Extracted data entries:
-------

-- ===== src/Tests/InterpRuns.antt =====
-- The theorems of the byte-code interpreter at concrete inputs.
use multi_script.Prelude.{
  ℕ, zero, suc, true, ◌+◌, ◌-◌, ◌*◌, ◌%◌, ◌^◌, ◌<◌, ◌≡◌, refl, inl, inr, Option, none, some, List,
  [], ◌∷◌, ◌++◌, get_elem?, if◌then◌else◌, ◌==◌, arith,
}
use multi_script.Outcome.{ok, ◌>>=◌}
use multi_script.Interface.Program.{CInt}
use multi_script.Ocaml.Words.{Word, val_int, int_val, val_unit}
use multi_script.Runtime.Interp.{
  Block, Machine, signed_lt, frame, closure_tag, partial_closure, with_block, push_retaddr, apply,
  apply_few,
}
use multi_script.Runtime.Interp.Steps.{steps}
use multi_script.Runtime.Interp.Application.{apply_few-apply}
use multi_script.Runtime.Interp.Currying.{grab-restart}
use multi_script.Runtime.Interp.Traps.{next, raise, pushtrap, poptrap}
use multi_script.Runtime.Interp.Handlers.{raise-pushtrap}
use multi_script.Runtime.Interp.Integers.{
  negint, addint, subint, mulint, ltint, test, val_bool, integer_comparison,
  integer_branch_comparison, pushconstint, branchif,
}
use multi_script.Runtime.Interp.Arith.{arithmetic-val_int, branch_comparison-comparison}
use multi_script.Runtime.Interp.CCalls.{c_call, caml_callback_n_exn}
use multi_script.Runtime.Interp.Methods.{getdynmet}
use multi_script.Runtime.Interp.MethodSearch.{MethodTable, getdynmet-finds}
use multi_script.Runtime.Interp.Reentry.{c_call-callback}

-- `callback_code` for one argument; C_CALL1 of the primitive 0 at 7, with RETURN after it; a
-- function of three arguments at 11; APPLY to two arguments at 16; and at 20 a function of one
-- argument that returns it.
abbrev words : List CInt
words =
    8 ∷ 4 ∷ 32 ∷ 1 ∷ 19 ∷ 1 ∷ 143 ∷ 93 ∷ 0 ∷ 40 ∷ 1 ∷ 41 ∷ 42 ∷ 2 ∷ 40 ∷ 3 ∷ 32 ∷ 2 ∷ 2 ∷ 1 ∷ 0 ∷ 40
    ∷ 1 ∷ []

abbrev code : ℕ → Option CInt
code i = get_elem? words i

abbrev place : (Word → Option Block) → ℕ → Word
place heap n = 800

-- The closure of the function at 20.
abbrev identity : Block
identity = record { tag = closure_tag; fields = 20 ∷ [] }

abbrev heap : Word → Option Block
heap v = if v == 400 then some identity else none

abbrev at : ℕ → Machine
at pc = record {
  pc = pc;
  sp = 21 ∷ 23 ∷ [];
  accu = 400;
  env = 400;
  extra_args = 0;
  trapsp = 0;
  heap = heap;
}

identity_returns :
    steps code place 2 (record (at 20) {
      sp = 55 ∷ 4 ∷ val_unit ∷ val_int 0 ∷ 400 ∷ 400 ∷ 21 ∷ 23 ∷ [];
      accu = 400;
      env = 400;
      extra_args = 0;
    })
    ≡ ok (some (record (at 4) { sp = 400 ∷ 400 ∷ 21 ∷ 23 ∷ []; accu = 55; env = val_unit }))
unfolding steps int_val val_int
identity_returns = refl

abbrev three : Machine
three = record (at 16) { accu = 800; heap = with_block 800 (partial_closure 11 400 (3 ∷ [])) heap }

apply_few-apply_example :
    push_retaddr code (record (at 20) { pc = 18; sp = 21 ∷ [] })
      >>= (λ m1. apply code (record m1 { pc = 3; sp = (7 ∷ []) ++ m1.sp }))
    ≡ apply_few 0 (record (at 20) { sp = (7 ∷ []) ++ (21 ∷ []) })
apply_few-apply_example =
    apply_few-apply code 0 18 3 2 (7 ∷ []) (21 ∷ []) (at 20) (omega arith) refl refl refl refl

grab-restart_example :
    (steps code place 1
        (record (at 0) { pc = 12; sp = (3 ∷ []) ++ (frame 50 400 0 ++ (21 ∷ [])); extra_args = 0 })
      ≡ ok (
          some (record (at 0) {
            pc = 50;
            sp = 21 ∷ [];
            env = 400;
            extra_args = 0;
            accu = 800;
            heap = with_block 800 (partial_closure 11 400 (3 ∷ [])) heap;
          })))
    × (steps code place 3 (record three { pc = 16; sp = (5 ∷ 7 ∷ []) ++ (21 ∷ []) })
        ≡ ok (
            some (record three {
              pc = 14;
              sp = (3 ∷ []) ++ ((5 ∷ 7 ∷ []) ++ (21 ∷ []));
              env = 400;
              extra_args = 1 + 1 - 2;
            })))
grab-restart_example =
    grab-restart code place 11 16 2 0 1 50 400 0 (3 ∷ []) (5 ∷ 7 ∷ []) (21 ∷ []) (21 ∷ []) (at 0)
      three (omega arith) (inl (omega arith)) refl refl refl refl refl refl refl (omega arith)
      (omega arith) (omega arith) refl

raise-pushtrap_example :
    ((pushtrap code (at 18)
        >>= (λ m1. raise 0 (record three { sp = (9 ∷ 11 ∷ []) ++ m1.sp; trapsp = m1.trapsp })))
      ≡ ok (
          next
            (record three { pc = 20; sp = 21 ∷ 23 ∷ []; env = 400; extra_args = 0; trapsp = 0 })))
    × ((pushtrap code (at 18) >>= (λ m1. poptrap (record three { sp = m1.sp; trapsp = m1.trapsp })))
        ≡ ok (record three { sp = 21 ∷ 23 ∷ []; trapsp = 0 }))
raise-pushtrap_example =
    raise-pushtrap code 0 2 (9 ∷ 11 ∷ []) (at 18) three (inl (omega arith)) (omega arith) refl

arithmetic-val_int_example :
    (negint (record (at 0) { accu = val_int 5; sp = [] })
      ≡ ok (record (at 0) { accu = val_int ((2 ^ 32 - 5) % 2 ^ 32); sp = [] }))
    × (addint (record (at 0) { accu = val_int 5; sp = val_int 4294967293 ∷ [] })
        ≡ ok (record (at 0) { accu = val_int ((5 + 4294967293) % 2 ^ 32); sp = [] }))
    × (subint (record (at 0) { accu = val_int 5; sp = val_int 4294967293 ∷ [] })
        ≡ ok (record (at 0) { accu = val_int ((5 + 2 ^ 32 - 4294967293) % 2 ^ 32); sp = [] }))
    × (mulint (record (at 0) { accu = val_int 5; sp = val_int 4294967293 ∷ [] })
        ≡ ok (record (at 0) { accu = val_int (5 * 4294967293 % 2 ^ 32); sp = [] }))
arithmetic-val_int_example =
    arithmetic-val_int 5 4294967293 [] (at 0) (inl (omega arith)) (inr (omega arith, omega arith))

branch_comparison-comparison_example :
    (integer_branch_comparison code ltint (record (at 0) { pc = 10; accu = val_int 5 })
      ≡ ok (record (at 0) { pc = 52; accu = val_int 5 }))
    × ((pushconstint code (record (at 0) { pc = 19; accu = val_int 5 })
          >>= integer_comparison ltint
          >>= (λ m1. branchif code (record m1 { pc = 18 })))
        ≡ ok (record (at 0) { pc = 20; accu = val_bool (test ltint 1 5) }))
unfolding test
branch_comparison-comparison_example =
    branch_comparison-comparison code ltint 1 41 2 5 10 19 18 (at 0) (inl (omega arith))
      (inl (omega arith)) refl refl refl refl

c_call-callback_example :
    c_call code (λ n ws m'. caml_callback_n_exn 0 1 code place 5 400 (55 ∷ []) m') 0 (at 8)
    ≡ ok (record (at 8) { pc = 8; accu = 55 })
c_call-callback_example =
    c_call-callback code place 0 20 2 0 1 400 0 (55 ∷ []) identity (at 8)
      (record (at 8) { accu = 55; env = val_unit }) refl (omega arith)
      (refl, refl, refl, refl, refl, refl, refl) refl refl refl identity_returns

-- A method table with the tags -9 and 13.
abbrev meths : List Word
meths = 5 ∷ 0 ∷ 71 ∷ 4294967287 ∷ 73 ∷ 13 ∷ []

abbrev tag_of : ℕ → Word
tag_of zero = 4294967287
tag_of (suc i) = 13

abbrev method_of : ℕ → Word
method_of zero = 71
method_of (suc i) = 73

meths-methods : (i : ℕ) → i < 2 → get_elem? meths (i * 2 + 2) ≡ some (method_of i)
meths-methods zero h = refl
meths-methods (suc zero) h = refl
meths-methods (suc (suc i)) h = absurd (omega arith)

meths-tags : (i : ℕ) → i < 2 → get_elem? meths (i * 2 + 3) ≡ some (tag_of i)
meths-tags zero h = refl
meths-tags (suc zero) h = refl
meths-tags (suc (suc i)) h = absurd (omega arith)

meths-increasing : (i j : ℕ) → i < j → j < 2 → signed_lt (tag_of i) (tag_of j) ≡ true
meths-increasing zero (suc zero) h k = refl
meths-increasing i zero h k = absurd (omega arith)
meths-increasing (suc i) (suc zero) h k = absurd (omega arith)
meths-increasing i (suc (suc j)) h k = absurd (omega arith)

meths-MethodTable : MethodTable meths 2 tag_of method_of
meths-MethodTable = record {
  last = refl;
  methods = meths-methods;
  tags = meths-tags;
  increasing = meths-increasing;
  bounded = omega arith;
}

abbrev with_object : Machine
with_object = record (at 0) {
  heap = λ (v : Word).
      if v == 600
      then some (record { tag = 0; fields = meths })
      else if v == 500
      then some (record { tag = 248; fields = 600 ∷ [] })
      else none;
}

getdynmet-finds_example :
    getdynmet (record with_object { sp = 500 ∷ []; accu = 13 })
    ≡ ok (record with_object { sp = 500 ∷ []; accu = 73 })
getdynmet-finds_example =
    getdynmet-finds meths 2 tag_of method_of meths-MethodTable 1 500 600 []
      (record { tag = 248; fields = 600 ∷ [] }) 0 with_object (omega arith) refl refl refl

-------

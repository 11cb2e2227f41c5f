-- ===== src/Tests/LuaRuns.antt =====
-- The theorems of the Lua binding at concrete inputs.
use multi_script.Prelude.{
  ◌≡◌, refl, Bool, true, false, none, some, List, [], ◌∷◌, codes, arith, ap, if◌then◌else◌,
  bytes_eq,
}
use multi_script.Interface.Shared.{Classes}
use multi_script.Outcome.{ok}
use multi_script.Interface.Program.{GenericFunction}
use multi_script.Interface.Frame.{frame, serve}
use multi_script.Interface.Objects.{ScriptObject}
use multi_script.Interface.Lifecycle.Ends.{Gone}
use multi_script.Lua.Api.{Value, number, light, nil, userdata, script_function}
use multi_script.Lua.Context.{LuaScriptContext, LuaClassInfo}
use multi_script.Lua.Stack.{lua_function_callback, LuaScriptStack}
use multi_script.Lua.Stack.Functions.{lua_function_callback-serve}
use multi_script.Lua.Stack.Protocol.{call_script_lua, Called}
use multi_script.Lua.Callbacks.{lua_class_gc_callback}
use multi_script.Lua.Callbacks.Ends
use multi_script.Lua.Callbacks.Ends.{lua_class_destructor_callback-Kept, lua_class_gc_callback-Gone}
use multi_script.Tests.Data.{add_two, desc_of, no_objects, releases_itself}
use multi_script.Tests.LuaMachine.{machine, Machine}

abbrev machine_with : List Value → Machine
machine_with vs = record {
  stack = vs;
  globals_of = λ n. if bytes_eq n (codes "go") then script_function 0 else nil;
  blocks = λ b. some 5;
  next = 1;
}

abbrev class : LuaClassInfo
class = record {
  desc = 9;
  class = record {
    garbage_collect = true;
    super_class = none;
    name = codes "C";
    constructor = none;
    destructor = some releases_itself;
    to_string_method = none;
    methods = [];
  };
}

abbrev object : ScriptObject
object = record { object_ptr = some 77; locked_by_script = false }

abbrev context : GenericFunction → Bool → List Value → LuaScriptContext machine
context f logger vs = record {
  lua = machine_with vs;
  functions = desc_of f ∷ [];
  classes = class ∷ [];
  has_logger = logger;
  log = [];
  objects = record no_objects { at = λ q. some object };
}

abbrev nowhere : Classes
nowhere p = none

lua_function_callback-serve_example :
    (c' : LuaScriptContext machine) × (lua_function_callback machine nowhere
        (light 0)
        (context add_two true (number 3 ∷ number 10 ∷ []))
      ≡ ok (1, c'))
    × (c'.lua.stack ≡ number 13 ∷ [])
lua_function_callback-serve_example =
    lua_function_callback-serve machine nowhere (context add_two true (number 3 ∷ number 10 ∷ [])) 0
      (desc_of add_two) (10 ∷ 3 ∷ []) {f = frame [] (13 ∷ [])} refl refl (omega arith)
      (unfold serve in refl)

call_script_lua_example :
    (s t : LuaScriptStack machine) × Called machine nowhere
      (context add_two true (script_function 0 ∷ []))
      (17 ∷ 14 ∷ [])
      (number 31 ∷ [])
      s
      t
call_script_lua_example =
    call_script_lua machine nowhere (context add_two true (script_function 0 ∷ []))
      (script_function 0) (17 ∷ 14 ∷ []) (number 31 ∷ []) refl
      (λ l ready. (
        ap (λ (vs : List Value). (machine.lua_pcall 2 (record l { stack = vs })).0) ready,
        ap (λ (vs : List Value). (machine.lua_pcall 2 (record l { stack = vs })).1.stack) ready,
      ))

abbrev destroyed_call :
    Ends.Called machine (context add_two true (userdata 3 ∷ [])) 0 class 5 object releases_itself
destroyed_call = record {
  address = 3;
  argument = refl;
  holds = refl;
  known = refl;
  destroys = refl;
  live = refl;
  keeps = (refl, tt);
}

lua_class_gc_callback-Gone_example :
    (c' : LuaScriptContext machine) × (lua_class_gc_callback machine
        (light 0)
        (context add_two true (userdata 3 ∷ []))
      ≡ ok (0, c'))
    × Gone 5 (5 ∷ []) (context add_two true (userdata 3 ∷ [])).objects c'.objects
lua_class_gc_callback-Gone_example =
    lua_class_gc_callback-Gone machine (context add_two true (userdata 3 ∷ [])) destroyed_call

-------

Problem to work on: Transcribe the lines above between the line holding "sp = (3 ∷ []) ++ ((5 ∷ 7" and the line holding "grab-restart code place", inclusive, exactly as they stand and with nothing added.

Reply to the task:
              sp = (3 ∷ []) ++ ((5 ∷ 7 ∷ []) ++ (21 ∷ []));
              env = 400;
              extra_args = 1 + 1 - 2;
            })))
grab-restart_example =
    grab-restart code place 11 16 2 0 1 50 400 0 (3 ∷ []) (5 ∷ 7 ∷ []) (21 ∷ []) (21 ∷ []) (at 0)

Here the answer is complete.